═══ SOURCE MATERIAL ═══

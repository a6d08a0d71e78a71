-- ===== src/Affiliates/Reversals.antt =====
-- Refunds and disputes, the release of commissions that are due, and a run of requests:
-- `reverse_commission`, and what `dashboard` writes, of src/app/domains/affiliates/service.py, with
-- `release_due_commissions` of repository.py.
use signalsync_be.Base.{
  ℕ, Bool, false, ◌&&◌, ◌||◌, Option, none, some, List, [], ◌∷◌, leb, ◌==◌, max, if◌then◌else◌,
  FoundRow, locate, put_back,
}
use signalsync_be.Base.Int.{ℤ, pos, pos_part, leb_ℤ}
use signalsync_be.Base.Python.{Outcome, returned, raised, ◌>>=◌}
use signalsync_be.Base.Text.{Text, text_eq}
use signalsync_be.Billing.{BillingSubscription, BillingError}
use signalsync_be.Billing.Payload.{EventData, Library, truthy, ◌or_else◌, str_or_none}
use signalsync_be.Affiliates.{
  AffiliateCommission, AffiliateTables, available, reversed, ReversalReason, is_pending, is_closed,
  money, get_or_create_settings, with_settings,
}
use signalsync_be.Affiliates.Commissions.{
  payment_id, Answer, on_some, create_commission_from_paid_invoice,
}

abbrev pub same_payment : Option Text → Text → Bool
same_payment none payment = false
same_payment (some own) payment = text_eq own payment

unfoldable pub row_by_payment :
    Option Text → List AffiliateCommission → Option (FoundRow AffiliateCommission)
unfolding locate
row_by_payment none commissions = none
row_by_payment (some payment) commissions =
    locate (λ c. same_payment c.provider_payment_id payment) commissions

abbrev pub first_some {ℓ} : {A : Type ℓ} → Option A → Option A → Option A
first_some none b = b
first_some (some a) b = some a

-- `get_commission_for_reversal`
unfoldable pub get_commission_for_reversal :
    Option Text → Option Text → List AffiliateCommission → Option (FoundRow AffiliateCommission)
unfolding locate row_by_payment
get_commission_for_reversal payment none commissions = row_by_payment payment commissions
get_commission_for_reversal payment (some invoice) commissions =
    first_some (locate (λ c. text_eq c.provider_invoice_id invoice) commissions)
      (row_by_payment payment commissions)

-- `item.commission_amount * min(1, refund_base / item.commission_base)` in cents, the ratio 1 where
-- the base is 0
unfoldable pub reversed_share : Library → ℤ → AffiliateCommission → ℤ
reversed_share library refund_base item =
    if item.commission_base == 0 || leb_ℤ (pos item.commission_base) refund_base
    then pos item.commission_amount
    else library.proportion item.commission_amount refund_base item.commission_base

unfoldable pub reverse_item :
    Library → ℕ → ReversalReason → ℤ → AffiliateCommission → AffiliateCommission
unfolding reversed_share
reverse_item library now reason refund_base item =
    let reversed_amount =
      max item.reversed_amount (pos_part (reversed_share library refund_base item)) in
    record item {
      reversed_amount = reversed_amount;
      status = if leb item.commission_amount reversed_amount then reversed else item.status;
      reversed_at = some now;
      reversal_reason = some reason;
    }

-- `_money(data.get("amount") or data.get("refund_amount") or item.commission_base)`
unfoldable pub refund_of : Library → EventData → AffiliateCommission → Outcome BillingError ℤ
unfolding truthy ◌or_else◌ money
refund_of library event item =
    if truthy (event.amount or_else event.refund_amount)
    then money library (event.amount or_else event.refund_amount)
    else returned (pos item.commission_base)

unfoldable pub reverse_commission :
    Library → ℕ → ReversalReason → EventData → AffiliateTables → Answer
unfolding payment_id str_or_none get_commission_for_reversal refund_of reverse_item
reverse_commission library now reason event tables =
    let payment =
      first_some (payment_id library event) (str_or_none library event.nested_payment_own_id) in
    let invoice = str_or_none library event.invoice_id in
    on_some (get_commission_for_reversal payment invoice tables.commissions) tables λ row.
      if is_closed row.item.status
      then returned (none, tables)
      else refund_of library event row.item >>= λ refund_base.
          let changed = reverse_item library now reason refund_base row.item in
          returned (some changed, record tables { commissions = put_back row changed })

abbrev pub is_due : ℕ → ℕ → AffiliateCommission → Bool
is_due user_id now c = c.affiliate_user_id == user_id && is_pending c.status && leb c.release_at now

-- `release_due_commissions`
unfoldable pub release_due : ℕ → ℕ → List AffiliateCommission → List AffiliateCommission
release_due user_id now [] = []
release_due user_id now (c ∷ commissions) =
    let rest = release_due user_id now commissions in
    if is_due user_id now c then record c { status = available } ∷ rest else c ∷ rest

-- A request of the provider or of a user that can change the commissions, with its time.
pub data Request : Type 0 where
  invoice_paid : ℕ → EventData → Request
  money_back : ℕ → ReversalReason → EventData → Request
  dashboard_opened : ℕ → ℕ → Request

-- The tables that are committed: an exception leaves them as they were.
abbrev pub committed : AffiliateTables → Answer → AffiliateTables
committed tables (returned (_, changed)) = changed
committed tables (raised _) = tables

unfoldable pub serve :
    Library → List BillingSubscription → Request → AffiliateTables → AffiliateTables
unfolding create_commission_from_paid_invoice reverse_commission release_due get_or_create_settings
serve library subscriptions (invoice_paid now event) tables =
    committed tables (create_commission_from_paid_invoice library now event subscriptions tables)
serve library subscriptions (money_back now reason event) tables =
    committed tables (reverse_commission library now reason event tables)
serve library subscriptions (dashboard_opened now user_id) tables = record (with_settings tables) {
  commissions = release_due user_id now tables.commissions;
}

unfoldable pub serve_all :
    Library → List BillingSubscription → List Request → AffiliateTables → AffiliateTables
unfolding serve
serve_all library subscriptions [] tables = tables
serve_all library subscriptions (request ∷ requests) tables =
    serve_all library subscriptions requests (serve library subscriptions request tables)
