-- ===== src/Signals.antt =====
-- The choice of copied trades by the signal workers: `_route_accepts_message`,
-- `_select_copied_trade` and `_management_intent_targets` of
-- src/app/domains/copy_trading/workers.py.
pub mod Lifecycle
pub mod Meant
pub mod Chosen
pub mod Overdue
pub mod Expired
mod Examples
use signalsync_be.Base.{
  ℕ, Bool, true, false, not, ◌&&◌, ◌||◌, Option, none, some, List, [], ◌∷◌, map, leb, ◌==◌, is_some,
  select, find_first, if◌then◌else◌,
}
use signalsync_be.Base.Text.{Text, starts_with}
use signalsync_be.Symbols.{normalize_symbol}
use signalsync_be.Engine.{
  SignalAction, modify_sl_tp, break_even, partial_close, full_close, cancel_pending,
}

-- The fields of `CopiedTrade` that the choice reads.
pub record CopiedTrade : Type 0 where
  pub id : ℕ
  pub route_id : ℕ
  pub thread_id : ℕ
  pub signal_symbol : Text
  pub created_at : ℕ

-- `_COPIED_TRADE_MANAGEMENT_ACTIONS`
abbrev pub manages : SignalAction → Bool
manages modify_sl_tp = true
manages break_even = true
manages partial_close = true
manages full_close = true
manages cancel_pending = true
manages _ = false

abbrev pub is_full_close : SignalAction → Bool
is_full_close full_close = true
is_full_close _ = false

-- A route takes all messages of a channel, and of a group those of administrators, or all.
pub route_accepts_message : Bool → Bool → Bool → Bool
route_accepts_message from_group process_all_group_authors sender_is_admin =
    not from_group || process_all_group_authors || sender_is_admin

-- `sorted(..., key=lambda trade: trade.created_at)`, which keeps the order of equal keys.
unfoldable pub insert_by_age : CopiedTrade → List CopiedTrade → List CopiedTrade
insert_by_age trade [] = trade ∷ []
insert_by_age trade (t ∷ trades) =
    let rest = insert_by_age trade trades in
    if leb trade.created_at t.created_at then trade ∷ t ∷ trades else t ∷ rest

unfoldable pub oldest_first : List CopiedTrade → List CopiedTrade
unfolding insert_by_age
oldest_first [] = []
oldest_first (trade ∷ trades) = insert_by_age trade (oldest_first trades)

unfoldable pub insert_latest : CopiedTrade → List CopiedTrade → List CopiedTrade
insert_latest trade [] = trade ∷ []
insert_latest trade (t ∷ trades) =
    let rest = insert_latest trade trades in
    if leb t.created_at trade.created_at then trade ∷ t ∷ trades else t ∷ rest

unfoldable pub latest_first : List CopiedTrade → List CopiedTrade
unfolding insert_latest
latest_first [] = []
latest_first (trade ∷ trades) = insert_latest trade (latest_first trades)

-- One normalized symbol is the start of the other.
unfoldable pub symbols_meet : Text → Text → Bool
unfolding normalize_symbol
symbols_meet target own = starts_with own target || starts_with target own

unfoldable pub meets : Text → CopiedTrade → Bool
unfolding symbols_meet
meets symbol trade = symbols_meet (normalize_symbol symbol) (normalize_symbol trade.signal_symbol)

abbrev pub only : List CopiedTrade → Option CopiedTrade
only (trade ∷ []) = some trade
only _ = none

-- `_select_copied_trade`, by the symbol of the payload, none or empty where it has none
unfoldable pub select_copied_trade : Option Text → List CopiedTrade → Option CopiedTrade
unfolding latest_first meets
select_copied_trade none trades = only (latest_first trades)
select_copied_trade (some []) trades = only (latest_first trades)
select_copied_trade (some (c ∷ cs)) trades = find_first (meets (c ∷ cs)) (latest_first trades)

-- The test on the trades of a route.
unfoldable pub is_meant : SignalAction → ℕ → Option Text → CopiedTrade → Bool
unfolding meets
is_meant action thread_id none trade = trade.thread_id == thread_id
is_meant action thread_id (some []) trade = trade.thread_id == thread_id
is_meant action thread_id (some (c ∷ cs)) trade =
    if is_full_close action then meets (c ∷ cs) trade else trade.thread_id == thread_id

-- `_management_intent_targets`
unfoldable pub management_intent_targets :
    SignalAction → List CopiedTrade → ℕ → ℕ → Option Text → List (Option CopiedTrade)
unfolding oldest_first is_meant
management_intent_targets action trades route_id thread_id symbol =
    let route_trades = select (λ trade. trade.route_id == route_id) trades in
    let targets = select (is_meant action thread_id symbol) route_trades in
    if not (manages action) then none ∷ [] else map (λ trade. some trade) (oldest_first targets)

═══

## [EXERCISE]
Of the lines above, retype only those from the line containing "symbols_meet target own" through the line containing "select_copied_trade (some (c", including both, exactly.

## [RESPONSE TO THIS TASK]
symbols_meet target own = starts_with own target || starts_with target own

unfoldable pub meets : Text → CopiedTrade → Bool
unfolding symbols_meet
meets symbol trade = symbols_meet (normalize_symbol symbol) (normalize_symbol trade.signal_symbol)

abbrev pub only : List CopiedTrade → Option CopiedTrade
only (trade ∷ []) = some trade
only _ = none

-- `_select_copied_trade`, by the symbol of the payload, none or empty where it has none
unfoldable pub select_copied_trade : Option Text → List CopiedTrade → Option CopiedTrade
unfolding latest_first meets
select_copied_trade none trades = only (latest_first trades)
select_copied_trade (some []) trades = only (latest_first trades)
select_copied_trade (some (c ∷ cs)) trades = find_first (meets (c ∷ cs)) (latest_first trades)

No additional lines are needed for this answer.